Je me sens dépassée. Pour trouver des réponses à mes questions, j'ai joint Joanne Forgues, des Productions Casablanca: «Ben, madame, vous avez juste à vous inscrire, me répond-elle d'un ton agacé, c'est écrit: les professionnels ont le "droit" de participer». Oui, j'ai lu vos règlements. Je sais que ceux-ci sont autorisés à participer à votre concours, mais il est là le problème; cette permission leur manque allègrement de respect. Vous devez bien vous douter que cette initiative réveille la rage des comédiens. Vous constaterez d'ailleurs que la grogne commence à se faire entendre sur les réseaux sociaux!

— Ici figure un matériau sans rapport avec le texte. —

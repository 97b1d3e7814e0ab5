-- ===== src/Approvals/Edits.antt =====
-- The parameters of an approved action: approved_parameters of server/src/application/authorization/
-- approval_lifecycle/verifier.py.
use juris_ai.Base.{
  String, ◌≡◌, inl, inr, refl, ap, ◌∙◌, Option, none, some, [], ◌∷◌, ◌==◌, Bool-cases, Option-cases,
  if◌then◌else◌,
}
use juris_ai.Base.Dict.{Dict, get, put, get-put}
use juris_ai.Approvals.Verifier.{merge, or_empty, approved_parameters}

module _ {Json : Type 0} where
  -- A value of the edits, else the value proposed.
  abbrev pub or_else : Option Json → Option Json → Option Json
  or_else none proposed = proposed
  or_else (some v) proposed = some v

  -- What the edits say of a key, the last of them if there are several.
  unfoldable pub edited_value : String → Dict Json → Option Json
  edited_value k [] = none
  edited_value k ((j, v) ∷ edits) = or_else (edited_value k edits) (if j == k then some v else none)

  unfoldable pub edits_of : Option (Dict Json) → Dict Json
  edits_of none = []
  edits_of (some edits) = edits

  -- What the reviewer approved for a key: the value of the edit, else the value proposed.
  unfoldable pub approved_value : Dict Json → Option (Dict Json) → String → Option Json
  unfolding edited_value edits_of
  approved_value proposed edits k = or_else (edited_value k (edits_of edits)) (get k proposed)

  get-merge_edits :
      (k : String) (proposed edits : Dict Json)
      → get k (merge proposed edits) ≡ or_else (edited_value k edits) (get k proposed)
  unfolding merge edited_value
  get-merge_edits k proposed [] = refl
  get-merge_edits k proposed ((j, v) ∷ edits) =
      let h = get-merge_edits k (put j v proposed) edits in
      let here = get-put j k v proposed in
      elim (Option-cases (edited_value k edits)) [
        | inr (w, e) ↦ rw e (h ∙ ap (λ o. or_else o (get k (put j v proposed))) e)
        | inl e ↦ elim (Bool-cases (j == k)) [
          | inl same ↦ rw (e, same) (cc (h, e, here, same))
          | inr differ ↦ rw (e, differ) (cc (h, e, here, differ))
        ]
      ]

  -- The parameters that run hold for each key what the reviewer approved.
  pub get-approved_value :
      (k : String) (proposed : Dict Json) (edits : Option (Dict Json))
      → get k (approved_parameters proposed edits) ≡ approved_value proposed edits k
  unfolding approved_parameters or_empty approved_value edits_of
  get-approved_value k proposed none = get-merge_edits k proposed []
  get-approved_value k proposed (some edits) = get-merge_edits k proposed edits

De toute évidence, vous ne comprenez pas ma réflexion, car vous tentez d'apaiser mon indignation en me servant: «Toute l'équipe est d'accord, c'est très généreux et original de notre part; c'est pour découvrir de nouveaux talents qu'on ne voit pas en audition et, de toute façon, c'est juste un petit rôle.» À l'ère où les vedettes instantanées fusent de toutes parts, promues par des émissions voraces et lucratives, ce que vous décrivez comme étant «original et généreux» me semble de toute évidence être une stratégie publicitaire usée et opportuniste. Vous souhaitez découvrir de nouveaux talents? Le bottin de l'UDA compte 12 300 membres. Vous y trouverez certainement la perle rare. C'est juste un petit rôle? Un 3e rôle, ça met du pain sur la table des comédiens même si ce n'est pas encore assez pour acheter le vin qui va avec.

Aucun de vos arguments n'a su nourrir ma réflexion ou répondre à mes questions, madame.

Je m'attendais à recevoir une réponse plus compatissante de la part de Jean-François Rivard, auteur et réalisateur de la série. Or, M. Rivard a refusé de répondre à mes «frustrations infondées», déplorant que la portée de sa réponse se frapperait aux limites de ma boite courriel. M. Rivard, maintenant que je vous offre le porte-voix que vous exigez, dites-moi, je vous en prie: de quelle façon ce concours sert et respecte le métier de comédien?

Je comprends que ce concours vise à faire connaître la série, à y impliquer son public et je n'ai rien contre l'expérience web ni contre une démarche interactive. Je trouve cependant frustrant que cette dernière soit un processus d'audition réduit à un concours de popularité. Mon métier en est un de passion et d'acharnement. Je vous en prie, cessez de surfer sur la vague acide de la téléréalité!